**** Records for the task ****

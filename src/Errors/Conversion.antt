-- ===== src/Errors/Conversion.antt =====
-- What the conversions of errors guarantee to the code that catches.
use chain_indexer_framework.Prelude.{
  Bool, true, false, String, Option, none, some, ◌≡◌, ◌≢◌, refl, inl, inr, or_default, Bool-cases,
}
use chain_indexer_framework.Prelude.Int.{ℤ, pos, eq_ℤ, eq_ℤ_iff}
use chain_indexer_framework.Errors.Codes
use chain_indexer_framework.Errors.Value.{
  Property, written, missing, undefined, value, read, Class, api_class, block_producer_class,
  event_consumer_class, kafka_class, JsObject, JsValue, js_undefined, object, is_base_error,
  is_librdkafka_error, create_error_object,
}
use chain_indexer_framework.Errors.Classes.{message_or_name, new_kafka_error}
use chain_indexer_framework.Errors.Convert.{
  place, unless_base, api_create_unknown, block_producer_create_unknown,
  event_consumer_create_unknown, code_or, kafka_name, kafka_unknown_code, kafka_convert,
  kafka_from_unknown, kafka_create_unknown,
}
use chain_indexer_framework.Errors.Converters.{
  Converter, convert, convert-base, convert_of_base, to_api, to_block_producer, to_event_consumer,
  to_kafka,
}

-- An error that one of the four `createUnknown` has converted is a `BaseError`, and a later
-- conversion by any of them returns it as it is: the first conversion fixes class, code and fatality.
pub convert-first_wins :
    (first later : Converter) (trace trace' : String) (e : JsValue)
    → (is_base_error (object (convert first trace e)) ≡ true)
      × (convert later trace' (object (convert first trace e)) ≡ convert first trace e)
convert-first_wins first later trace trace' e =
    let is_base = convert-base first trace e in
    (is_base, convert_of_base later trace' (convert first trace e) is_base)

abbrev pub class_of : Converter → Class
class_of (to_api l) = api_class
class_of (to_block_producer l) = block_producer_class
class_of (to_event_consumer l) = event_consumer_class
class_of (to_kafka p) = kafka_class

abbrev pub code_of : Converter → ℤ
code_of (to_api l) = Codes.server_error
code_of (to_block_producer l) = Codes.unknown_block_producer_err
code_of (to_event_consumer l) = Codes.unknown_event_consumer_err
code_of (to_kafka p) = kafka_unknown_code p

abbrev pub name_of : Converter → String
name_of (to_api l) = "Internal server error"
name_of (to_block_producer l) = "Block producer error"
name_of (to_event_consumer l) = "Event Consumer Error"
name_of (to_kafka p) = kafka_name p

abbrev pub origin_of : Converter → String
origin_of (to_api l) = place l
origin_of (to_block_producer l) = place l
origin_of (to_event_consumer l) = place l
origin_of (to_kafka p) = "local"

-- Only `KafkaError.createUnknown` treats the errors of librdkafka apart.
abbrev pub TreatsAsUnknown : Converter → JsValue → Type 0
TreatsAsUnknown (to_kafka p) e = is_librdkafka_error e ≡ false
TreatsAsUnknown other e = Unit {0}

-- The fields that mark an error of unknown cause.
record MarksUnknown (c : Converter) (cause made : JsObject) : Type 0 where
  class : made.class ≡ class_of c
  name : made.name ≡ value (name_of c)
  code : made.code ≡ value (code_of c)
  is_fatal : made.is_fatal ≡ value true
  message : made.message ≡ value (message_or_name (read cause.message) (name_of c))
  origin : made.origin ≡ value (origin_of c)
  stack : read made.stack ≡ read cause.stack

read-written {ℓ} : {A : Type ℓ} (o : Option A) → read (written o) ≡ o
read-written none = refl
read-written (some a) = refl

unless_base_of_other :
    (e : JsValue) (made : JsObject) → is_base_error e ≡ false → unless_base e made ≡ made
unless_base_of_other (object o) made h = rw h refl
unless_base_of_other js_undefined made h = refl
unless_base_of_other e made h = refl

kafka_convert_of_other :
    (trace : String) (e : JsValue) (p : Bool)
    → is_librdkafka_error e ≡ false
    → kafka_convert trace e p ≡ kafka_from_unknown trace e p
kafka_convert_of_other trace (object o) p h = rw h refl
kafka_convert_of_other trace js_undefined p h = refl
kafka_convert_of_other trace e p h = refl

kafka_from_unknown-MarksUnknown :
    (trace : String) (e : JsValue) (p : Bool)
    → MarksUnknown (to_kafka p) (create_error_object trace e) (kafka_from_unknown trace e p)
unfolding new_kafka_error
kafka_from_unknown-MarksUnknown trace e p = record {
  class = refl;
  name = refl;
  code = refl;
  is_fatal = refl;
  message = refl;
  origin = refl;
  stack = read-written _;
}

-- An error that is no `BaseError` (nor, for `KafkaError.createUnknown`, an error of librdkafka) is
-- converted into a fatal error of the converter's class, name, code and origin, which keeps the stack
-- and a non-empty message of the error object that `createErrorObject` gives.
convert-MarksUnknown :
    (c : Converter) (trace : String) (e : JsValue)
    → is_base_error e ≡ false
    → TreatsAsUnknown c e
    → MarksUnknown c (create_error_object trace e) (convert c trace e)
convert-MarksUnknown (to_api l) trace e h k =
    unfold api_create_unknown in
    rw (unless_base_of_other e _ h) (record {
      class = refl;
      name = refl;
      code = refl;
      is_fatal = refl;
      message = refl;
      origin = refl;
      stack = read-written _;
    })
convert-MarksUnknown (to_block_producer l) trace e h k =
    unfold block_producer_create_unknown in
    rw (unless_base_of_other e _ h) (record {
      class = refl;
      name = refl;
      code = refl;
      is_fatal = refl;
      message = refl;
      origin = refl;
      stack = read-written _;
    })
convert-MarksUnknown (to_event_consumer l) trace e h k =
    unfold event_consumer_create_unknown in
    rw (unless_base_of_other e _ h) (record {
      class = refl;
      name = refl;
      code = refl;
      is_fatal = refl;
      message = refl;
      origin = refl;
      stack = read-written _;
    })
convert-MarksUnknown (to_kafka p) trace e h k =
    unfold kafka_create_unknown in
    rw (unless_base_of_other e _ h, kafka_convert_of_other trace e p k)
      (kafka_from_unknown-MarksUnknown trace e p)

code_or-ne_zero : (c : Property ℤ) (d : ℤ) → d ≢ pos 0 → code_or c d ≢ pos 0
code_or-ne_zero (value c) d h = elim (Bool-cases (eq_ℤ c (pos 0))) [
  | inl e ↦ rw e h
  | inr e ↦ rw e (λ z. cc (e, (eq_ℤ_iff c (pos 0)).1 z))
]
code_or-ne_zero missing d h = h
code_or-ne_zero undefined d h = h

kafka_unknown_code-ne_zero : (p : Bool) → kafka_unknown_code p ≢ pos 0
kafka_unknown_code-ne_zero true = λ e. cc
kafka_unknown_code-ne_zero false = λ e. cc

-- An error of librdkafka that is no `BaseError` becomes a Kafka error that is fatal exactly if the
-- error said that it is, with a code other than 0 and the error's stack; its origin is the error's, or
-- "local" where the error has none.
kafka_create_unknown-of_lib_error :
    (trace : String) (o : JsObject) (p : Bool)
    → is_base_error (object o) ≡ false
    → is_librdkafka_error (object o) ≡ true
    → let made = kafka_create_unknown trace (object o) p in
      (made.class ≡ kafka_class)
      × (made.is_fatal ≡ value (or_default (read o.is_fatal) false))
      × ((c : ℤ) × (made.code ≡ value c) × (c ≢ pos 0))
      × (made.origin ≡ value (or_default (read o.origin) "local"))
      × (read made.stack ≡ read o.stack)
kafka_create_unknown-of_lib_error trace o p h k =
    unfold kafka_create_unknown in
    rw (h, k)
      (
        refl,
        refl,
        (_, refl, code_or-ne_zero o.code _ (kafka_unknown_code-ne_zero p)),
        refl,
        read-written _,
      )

****
**** Records for the task ****

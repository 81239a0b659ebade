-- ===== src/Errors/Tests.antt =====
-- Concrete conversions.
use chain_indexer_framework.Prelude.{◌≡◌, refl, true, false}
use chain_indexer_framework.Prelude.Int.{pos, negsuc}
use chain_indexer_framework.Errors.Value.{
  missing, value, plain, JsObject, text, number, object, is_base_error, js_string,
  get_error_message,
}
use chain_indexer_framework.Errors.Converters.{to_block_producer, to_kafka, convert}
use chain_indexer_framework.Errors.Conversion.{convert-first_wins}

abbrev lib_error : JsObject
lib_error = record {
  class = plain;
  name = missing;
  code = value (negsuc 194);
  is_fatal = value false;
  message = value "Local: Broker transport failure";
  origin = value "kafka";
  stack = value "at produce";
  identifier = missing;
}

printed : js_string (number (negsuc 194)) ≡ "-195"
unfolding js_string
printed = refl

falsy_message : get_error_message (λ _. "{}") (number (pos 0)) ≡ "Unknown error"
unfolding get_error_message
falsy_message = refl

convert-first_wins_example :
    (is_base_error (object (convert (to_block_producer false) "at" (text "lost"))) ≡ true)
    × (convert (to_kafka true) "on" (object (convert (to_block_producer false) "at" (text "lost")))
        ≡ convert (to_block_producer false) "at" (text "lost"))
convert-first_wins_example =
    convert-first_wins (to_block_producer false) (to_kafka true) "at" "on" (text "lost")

****

▸ **Exercise directions**: What you return must be an exact retyping of the lines above starting at the line with "class_of (to_kafka p) = kafka_class" and ending at the line with "name_of (to_block_producer l)", and nothing besides.

▸ **Solution for this task**:
class_of (to_kafka p) = kafka_class

abbrev pub code_of : Converter → ℤ
code_of (to_api l) = Codes.server_error
code_of (to_block_producer l) = Codes.unknown_block_producer_err
code_of (to_event_consumer l) = Codes.unknown_event_consumer_err
code_of (to_kafka p) = kafka_unknown_code p

abbrev pub name_of : Converter → String
name_of (to_api l) = "Internal server error"
name_of (to_block_producer l) = "Block producer error"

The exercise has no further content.